## [Exercise directions]
Among the entries below, one line contains "abbrev at_time : ℤ" and another contains "test_validate : validate". Transcribe those two lines and every line between them, exactly.

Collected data
%%

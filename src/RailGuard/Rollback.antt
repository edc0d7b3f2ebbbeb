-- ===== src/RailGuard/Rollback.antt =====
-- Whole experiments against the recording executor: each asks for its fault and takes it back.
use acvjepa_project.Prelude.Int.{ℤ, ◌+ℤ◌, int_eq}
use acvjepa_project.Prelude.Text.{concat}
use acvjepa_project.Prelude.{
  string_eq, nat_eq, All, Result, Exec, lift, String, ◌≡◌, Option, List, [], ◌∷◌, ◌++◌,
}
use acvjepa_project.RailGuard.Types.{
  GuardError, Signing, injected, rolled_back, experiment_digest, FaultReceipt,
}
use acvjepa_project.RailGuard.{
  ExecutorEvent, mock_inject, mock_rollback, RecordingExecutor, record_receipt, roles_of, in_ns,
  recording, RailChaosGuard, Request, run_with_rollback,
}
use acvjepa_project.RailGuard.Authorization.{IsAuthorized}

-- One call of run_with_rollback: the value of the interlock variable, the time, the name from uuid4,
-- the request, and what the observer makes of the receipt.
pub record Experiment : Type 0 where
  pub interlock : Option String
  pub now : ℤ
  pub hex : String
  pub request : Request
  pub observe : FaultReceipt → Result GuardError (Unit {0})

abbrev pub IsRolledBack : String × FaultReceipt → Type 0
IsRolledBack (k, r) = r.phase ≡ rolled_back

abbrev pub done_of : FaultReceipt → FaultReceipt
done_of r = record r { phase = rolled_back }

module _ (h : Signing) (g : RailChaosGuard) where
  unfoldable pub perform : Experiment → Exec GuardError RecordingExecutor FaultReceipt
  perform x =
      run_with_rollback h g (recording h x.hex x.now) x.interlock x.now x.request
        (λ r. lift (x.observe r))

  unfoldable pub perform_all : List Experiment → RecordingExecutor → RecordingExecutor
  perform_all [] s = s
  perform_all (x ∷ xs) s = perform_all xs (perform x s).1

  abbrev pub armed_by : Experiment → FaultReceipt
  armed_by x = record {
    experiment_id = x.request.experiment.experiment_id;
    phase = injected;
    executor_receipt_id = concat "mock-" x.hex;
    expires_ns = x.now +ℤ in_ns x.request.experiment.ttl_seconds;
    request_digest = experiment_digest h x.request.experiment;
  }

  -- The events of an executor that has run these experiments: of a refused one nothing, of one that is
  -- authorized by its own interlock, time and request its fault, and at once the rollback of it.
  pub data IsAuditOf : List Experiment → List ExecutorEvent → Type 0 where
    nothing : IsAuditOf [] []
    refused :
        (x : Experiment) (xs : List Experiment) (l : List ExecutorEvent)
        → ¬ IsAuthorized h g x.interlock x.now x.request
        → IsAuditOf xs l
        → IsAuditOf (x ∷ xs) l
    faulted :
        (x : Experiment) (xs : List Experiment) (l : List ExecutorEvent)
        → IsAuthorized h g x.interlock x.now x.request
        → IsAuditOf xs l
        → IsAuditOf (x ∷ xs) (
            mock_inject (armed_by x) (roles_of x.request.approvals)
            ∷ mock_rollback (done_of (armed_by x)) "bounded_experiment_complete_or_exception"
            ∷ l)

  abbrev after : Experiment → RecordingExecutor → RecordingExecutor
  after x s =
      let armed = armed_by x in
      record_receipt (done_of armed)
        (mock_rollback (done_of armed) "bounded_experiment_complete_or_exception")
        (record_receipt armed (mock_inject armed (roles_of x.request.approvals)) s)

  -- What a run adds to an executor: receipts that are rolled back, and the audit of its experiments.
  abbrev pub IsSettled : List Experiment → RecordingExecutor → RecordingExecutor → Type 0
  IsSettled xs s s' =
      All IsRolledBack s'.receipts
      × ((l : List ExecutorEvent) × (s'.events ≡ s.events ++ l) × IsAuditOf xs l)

%%
%%

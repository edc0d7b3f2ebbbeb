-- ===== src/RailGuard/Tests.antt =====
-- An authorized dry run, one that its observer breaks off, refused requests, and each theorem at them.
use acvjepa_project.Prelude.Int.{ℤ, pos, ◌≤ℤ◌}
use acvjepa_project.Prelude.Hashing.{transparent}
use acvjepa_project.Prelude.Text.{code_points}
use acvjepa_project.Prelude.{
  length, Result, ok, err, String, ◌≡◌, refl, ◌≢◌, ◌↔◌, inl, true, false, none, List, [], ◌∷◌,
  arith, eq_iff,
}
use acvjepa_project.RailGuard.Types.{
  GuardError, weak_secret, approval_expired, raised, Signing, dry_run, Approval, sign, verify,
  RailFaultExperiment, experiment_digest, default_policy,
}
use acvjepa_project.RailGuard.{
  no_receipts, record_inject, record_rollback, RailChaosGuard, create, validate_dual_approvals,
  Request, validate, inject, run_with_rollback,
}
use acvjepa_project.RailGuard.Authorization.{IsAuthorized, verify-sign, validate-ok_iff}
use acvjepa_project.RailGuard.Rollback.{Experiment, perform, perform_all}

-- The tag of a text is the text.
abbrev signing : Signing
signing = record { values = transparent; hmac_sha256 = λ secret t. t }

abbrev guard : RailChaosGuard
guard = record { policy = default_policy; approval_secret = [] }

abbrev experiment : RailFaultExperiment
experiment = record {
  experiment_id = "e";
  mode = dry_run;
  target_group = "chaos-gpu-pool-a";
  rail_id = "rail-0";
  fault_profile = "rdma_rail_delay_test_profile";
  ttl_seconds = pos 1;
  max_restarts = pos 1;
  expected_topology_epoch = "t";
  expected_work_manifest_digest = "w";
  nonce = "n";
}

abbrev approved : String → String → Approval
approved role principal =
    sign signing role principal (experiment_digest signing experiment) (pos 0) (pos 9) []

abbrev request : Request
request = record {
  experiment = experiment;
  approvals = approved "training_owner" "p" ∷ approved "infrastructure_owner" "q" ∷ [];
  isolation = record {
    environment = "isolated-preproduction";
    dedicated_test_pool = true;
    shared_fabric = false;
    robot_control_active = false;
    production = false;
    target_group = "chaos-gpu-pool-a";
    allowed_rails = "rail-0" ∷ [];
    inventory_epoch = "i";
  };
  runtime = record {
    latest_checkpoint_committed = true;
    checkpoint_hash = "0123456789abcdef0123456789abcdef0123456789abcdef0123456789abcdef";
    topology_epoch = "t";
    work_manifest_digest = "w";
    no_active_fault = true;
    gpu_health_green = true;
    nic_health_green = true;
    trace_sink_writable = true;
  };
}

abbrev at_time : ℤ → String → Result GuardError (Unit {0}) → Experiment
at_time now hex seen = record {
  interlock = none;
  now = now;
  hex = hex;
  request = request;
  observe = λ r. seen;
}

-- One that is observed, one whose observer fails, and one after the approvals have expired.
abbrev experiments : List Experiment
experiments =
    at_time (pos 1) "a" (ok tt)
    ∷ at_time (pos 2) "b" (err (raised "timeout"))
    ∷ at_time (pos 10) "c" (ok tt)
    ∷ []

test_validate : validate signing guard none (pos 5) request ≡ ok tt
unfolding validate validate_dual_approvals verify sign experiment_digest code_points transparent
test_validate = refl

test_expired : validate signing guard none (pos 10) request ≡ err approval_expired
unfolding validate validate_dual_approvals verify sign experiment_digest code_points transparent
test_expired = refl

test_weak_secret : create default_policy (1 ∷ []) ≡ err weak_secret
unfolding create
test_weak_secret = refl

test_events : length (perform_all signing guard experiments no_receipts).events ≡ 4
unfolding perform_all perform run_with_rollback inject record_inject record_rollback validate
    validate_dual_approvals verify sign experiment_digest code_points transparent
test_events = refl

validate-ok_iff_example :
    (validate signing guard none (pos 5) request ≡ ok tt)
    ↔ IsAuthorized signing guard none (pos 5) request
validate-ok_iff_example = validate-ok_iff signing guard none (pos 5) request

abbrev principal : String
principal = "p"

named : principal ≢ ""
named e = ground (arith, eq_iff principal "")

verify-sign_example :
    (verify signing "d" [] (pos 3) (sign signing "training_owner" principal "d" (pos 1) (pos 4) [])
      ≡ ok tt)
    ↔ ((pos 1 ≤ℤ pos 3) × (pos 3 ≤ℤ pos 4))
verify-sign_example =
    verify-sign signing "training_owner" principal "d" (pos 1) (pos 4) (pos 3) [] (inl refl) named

%%

## [Finished task]
abbrev at_time : ℤ → String → Result GuardError (Unit {0}) → Experiment
at_time now hex seen = record {
  interlock = none;
  now = now;
  hex = hex;
  request = request;
  observe = λ r. seen;
}

-- One that is observed, one whose observer fails, and one after the approvals have expired.
abbrev experiments : List Experiment
experiments =
    at_time (pos 1) "a" (ok tt)
    ∷ at_time (pos 2) "b" (err (raised "timeout"))
    ∷ at_time (pos 10) "c" (ok tt)
    ∷ []

test_validate : validate signing guard none (pos 5) request ≡ ok tt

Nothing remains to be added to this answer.